▸ **Saved data entries**
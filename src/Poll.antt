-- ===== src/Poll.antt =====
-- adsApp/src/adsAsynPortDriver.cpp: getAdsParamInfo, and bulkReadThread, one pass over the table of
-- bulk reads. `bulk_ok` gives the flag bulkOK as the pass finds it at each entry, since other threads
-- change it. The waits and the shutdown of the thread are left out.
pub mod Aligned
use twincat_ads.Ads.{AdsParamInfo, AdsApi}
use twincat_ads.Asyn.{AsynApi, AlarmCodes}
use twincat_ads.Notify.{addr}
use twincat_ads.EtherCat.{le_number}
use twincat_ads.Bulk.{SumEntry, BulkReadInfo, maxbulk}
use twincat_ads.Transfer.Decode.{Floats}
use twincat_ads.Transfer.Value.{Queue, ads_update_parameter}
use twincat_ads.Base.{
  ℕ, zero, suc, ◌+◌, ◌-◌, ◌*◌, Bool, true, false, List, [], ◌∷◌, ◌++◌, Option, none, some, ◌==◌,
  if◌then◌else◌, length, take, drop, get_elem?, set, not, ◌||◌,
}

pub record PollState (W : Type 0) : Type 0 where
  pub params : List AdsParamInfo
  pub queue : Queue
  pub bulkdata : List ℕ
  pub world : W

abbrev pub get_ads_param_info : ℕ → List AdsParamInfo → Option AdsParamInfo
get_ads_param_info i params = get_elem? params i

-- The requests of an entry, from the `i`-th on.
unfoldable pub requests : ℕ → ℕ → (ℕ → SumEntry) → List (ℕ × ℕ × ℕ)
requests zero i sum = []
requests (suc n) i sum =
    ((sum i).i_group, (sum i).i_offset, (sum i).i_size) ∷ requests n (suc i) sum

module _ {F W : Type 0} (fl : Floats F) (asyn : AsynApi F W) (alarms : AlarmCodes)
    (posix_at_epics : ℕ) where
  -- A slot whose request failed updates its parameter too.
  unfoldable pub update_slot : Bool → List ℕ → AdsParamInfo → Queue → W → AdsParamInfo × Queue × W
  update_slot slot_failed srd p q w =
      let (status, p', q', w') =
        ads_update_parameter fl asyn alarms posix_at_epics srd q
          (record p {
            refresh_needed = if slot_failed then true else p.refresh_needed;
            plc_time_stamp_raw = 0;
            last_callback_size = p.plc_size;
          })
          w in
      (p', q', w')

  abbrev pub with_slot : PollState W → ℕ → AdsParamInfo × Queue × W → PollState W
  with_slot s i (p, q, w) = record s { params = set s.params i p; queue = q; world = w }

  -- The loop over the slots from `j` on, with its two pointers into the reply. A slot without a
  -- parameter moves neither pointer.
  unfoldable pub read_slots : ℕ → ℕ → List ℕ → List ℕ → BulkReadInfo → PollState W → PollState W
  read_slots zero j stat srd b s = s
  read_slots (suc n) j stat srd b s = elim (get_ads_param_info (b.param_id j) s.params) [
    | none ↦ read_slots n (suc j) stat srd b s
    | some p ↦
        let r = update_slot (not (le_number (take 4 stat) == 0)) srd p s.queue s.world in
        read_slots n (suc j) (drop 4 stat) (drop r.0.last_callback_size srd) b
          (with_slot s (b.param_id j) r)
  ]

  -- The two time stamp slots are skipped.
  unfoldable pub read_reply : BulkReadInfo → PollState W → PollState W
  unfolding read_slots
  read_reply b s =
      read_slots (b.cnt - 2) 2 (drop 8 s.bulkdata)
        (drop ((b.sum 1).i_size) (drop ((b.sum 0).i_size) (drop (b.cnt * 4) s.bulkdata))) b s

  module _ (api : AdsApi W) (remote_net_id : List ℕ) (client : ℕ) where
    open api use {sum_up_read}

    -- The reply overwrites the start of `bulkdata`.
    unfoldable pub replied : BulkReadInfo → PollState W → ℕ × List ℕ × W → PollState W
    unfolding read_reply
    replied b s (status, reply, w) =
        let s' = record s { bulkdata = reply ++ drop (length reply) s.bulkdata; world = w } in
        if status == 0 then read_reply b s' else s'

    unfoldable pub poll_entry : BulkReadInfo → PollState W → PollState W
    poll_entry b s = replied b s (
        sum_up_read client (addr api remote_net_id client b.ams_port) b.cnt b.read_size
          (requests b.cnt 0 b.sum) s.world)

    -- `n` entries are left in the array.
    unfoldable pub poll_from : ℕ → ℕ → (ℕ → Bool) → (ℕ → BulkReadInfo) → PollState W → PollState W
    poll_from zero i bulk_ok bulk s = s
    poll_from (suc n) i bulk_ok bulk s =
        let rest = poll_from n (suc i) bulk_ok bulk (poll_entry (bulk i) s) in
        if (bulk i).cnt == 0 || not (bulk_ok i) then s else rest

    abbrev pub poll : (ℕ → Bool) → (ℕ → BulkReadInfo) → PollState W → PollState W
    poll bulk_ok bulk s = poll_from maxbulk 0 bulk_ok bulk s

--

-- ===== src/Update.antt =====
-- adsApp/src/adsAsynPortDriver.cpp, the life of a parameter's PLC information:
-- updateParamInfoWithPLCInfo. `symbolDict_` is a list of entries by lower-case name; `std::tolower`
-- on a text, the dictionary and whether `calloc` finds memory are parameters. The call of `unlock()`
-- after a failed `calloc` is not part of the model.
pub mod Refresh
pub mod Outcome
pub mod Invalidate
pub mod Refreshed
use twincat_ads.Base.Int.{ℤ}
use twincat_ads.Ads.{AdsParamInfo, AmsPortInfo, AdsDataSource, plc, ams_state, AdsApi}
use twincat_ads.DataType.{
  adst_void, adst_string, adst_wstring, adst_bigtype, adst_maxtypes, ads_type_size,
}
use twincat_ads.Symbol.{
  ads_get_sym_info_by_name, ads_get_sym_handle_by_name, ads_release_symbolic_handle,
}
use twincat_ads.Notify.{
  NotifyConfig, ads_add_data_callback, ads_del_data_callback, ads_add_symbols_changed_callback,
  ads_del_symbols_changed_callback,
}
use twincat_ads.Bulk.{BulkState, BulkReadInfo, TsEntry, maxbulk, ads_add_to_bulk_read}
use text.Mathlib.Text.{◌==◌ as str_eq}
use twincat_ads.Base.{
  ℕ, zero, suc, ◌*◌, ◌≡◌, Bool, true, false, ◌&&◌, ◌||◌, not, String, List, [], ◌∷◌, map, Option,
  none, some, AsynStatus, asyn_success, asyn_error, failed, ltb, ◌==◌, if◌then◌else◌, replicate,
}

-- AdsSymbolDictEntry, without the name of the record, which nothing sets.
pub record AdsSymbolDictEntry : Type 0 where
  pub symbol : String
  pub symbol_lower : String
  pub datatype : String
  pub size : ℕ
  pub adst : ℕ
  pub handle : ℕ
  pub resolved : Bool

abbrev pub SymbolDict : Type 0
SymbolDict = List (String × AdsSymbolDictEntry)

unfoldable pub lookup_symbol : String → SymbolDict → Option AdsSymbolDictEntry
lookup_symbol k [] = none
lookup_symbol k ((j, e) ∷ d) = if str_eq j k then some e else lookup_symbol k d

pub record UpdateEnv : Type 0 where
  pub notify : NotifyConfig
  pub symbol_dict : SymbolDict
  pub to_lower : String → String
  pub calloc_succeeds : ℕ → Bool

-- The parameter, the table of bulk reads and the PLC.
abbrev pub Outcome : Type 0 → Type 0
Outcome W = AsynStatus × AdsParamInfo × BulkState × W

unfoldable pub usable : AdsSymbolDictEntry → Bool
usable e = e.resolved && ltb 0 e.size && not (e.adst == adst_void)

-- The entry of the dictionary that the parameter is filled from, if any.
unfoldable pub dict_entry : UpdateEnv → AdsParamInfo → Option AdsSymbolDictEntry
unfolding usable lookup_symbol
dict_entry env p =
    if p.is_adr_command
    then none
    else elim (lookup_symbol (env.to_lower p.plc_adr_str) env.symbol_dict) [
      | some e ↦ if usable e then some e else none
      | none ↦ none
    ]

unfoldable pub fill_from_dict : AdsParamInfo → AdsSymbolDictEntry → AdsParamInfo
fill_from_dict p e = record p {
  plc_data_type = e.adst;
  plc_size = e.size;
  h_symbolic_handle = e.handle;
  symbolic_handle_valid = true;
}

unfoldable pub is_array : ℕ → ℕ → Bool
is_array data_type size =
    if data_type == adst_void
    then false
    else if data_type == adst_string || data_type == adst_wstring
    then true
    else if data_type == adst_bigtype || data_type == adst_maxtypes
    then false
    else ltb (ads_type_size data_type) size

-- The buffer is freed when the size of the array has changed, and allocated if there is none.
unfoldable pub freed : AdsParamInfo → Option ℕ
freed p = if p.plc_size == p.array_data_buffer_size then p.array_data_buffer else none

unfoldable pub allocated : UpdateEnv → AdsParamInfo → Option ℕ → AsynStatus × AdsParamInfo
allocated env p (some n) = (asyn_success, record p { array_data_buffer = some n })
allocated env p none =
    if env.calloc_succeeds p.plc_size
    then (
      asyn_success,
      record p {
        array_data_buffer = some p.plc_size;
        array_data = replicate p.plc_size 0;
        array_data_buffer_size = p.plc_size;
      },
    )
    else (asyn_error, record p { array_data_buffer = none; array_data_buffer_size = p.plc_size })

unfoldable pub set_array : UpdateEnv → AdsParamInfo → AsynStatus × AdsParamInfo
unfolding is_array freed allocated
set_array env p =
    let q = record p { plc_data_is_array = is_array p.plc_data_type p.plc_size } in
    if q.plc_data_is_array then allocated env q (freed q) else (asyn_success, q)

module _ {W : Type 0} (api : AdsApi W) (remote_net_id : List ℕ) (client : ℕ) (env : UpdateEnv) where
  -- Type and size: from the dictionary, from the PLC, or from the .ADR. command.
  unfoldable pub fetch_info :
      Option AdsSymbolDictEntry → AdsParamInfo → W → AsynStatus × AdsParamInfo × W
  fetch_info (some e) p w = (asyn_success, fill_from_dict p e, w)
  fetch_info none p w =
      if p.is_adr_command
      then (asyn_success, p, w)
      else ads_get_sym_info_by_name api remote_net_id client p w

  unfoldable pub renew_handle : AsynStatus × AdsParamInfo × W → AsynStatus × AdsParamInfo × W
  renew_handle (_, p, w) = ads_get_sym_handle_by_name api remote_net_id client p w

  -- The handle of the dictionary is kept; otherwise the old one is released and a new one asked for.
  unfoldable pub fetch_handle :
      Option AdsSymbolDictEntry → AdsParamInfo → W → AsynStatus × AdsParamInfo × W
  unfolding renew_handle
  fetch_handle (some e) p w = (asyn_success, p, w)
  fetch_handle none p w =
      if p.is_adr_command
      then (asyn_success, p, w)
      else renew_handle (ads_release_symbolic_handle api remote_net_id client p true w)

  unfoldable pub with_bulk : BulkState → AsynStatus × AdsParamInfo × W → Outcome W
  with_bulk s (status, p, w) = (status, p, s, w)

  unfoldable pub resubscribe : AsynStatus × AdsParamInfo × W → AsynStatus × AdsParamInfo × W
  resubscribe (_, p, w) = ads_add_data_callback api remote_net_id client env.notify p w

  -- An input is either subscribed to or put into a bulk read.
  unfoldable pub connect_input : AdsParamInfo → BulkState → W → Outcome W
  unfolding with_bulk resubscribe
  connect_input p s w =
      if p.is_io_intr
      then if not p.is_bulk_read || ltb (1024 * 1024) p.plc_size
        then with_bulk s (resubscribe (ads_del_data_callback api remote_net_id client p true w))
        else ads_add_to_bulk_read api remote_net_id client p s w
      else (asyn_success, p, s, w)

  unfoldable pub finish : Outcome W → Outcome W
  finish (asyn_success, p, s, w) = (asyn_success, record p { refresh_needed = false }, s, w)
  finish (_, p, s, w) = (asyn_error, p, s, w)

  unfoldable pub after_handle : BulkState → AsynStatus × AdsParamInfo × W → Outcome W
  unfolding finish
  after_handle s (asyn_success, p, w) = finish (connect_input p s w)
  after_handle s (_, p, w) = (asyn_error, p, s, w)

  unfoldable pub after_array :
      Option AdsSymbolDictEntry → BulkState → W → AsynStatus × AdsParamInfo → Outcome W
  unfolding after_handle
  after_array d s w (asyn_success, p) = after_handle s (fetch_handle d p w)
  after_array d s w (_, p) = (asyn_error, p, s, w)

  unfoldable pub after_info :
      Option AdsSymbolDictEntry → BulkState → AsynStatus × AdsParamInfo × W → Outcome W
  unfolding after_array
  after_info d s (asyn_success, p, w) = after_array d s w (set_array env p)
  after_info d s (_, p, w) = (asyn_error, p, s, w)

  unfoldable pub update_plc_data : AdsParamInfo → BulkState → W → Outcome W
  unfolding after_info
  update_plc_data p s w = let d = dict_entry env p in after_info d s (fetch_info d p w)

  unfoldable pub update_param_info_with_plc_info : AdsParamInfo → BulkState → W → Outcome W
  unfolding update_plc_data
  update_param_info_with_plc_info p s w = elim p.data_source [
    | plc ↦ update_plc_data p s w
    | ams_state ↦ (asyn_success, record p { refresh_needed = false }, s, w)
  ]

---

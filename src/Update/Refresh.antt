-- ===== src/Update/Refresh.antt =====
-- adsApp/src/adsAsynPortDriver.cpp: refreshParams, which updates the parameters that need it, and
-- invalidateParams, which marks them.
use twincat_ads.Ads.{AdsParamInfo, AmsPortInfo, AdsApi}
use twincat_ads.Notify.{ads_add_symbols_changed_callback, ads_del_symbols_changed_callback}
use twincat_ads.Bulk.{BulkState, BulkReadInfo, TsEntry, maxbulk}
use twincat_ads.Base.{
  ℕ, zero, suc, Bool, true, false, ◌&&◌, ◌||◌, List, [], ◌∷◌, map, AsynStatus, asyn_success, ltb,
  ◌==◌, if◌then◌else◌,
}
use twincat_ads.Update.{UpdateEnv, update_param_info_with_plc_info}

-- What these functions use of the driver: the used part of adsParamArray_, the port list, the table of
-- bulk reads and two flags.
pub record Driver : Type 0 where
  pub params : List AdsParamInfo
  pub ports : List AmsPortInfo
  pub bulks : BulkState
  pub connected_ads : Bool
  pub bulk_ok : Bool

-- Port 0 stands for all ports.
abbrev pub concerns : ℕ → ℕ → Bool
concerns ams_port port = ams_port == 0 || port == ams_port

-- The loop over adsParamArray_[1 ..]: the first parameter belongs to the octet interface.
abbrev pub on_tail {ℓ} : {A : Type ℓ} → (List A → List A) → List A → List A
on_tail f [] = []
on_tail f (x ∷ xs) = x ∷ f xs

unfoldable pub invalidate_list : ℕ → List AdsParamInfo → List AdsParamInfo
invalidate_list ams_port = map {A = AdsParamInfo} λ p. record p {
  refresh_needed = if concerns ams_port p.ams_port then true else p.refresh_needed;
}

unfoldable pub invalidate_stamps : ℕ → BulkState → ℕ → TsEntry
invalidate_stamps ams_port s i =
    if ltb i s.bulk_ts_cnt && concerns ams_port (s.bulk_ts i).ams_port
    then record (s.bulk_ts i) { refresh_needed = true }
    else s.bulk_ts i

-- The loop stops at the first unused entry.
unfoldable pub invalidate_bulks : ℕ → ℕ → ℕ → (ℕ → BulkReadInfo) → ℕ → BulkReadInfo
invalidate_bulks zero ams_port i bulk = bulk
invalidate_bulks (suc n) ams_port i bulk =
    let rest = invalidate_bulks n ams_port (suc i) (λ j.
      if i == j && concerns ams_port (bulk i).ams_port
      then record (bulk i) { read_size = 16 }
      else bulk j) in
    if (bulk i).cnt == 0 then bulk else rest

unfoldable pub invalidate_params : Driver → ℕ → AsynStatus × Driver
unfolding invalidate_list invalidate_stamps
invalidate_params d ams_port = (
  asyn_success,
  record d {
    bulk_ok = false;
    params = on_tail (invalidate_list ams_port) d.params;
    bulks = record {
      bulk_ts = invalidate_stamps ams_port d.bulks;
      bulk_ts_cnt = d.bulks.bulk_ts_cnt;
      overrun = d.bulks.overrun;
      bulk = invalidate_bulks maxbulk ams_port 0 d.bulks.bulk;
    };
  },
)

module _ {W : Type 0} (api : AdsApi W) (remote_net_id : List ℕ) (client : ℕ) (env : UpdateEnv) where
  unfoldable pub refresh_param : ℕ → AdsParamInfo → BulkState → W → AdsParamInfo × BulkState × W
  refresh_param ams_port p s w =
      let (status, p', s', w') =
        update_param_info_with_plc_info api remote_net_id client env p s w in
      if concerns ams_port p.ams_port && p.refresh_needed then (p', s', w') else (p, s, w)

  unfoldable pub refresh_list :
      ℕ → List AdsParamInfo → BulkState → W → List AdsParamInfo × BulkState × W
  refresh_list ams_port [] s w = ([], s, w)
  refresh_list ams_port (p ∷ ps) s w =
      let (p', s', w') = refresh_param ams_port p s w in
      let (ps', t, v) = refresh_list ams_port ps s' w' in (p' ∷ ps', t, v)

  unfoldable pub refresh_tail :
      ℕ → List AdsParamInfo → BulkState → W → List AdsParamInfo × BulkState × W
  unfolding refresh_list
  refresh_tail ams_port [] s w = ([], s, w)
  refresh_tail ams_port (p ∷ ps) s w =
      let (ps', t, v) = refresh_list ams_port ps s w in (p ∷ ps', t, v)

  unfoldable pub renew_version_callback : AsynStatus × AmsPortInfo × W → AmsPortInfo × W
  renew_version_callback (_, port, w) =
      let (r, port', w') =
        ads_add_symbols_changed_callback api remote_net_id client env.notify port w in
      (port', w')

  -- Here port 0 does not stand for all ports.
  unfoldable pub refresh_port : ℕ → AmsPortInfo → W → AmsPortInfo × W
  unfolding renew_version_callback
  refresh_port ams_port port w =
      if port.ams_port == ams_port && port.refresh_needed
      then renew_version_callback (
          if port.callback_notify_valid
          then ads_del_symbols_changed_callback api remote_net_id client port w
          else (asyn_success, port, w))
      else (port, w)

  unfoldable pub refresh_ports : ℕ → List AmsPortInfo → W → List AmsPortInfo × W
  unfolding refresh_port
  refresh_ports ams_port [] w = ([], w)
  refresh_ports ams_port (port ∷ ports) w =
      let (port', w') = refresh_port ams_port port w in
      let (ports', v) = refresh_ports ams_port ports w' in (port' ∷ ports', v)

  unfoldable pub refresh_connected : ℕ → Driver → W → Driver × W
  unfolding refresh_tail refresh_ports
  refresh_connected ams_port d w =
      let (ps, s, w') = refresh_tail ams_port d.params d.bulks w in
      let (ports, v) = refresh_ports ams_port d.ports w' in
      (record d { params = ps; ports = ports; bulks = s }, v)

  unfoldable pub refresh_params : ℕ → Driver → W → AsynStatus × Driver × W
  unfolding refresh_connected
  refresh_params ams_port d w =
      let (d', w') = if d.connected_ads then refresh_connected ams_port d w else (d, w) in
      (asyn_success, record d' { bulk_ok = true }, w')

▸ **Your instructions**
Report each line of the data that includes the string "PollState".

▸ **Output**
pub record PollState (W : Type 0) : Type 0 where
  abbrev pub with_slot : PollState W → ℕ → AdsParamInfo × Queue × W → PollState W
  unfoldable pub read_slots : ℕ → ℕ → List ℕ → List ℕ → BulkReadInfo → PollState W → PollState W
  unfoldable pub read_reply : BulkReadInfo → PollState W → PollState W
    unfoldable pub replied : BulkReadInfo → PollState W → ℕ × List ℕ × W → PollState W
    unfoldable pub poll_entry : BulkReadInfo → PollState W → PollState W
    unfoldable pub poll_from : ℕ → ℕ → (ℕ → Bool) → (ℕ → BulkReadInfo) → PollState W → PollState W
    abbrev pub poll : (ℕ → Bool) → (ℕ → BulkReadInfo) → PollState W → PollState W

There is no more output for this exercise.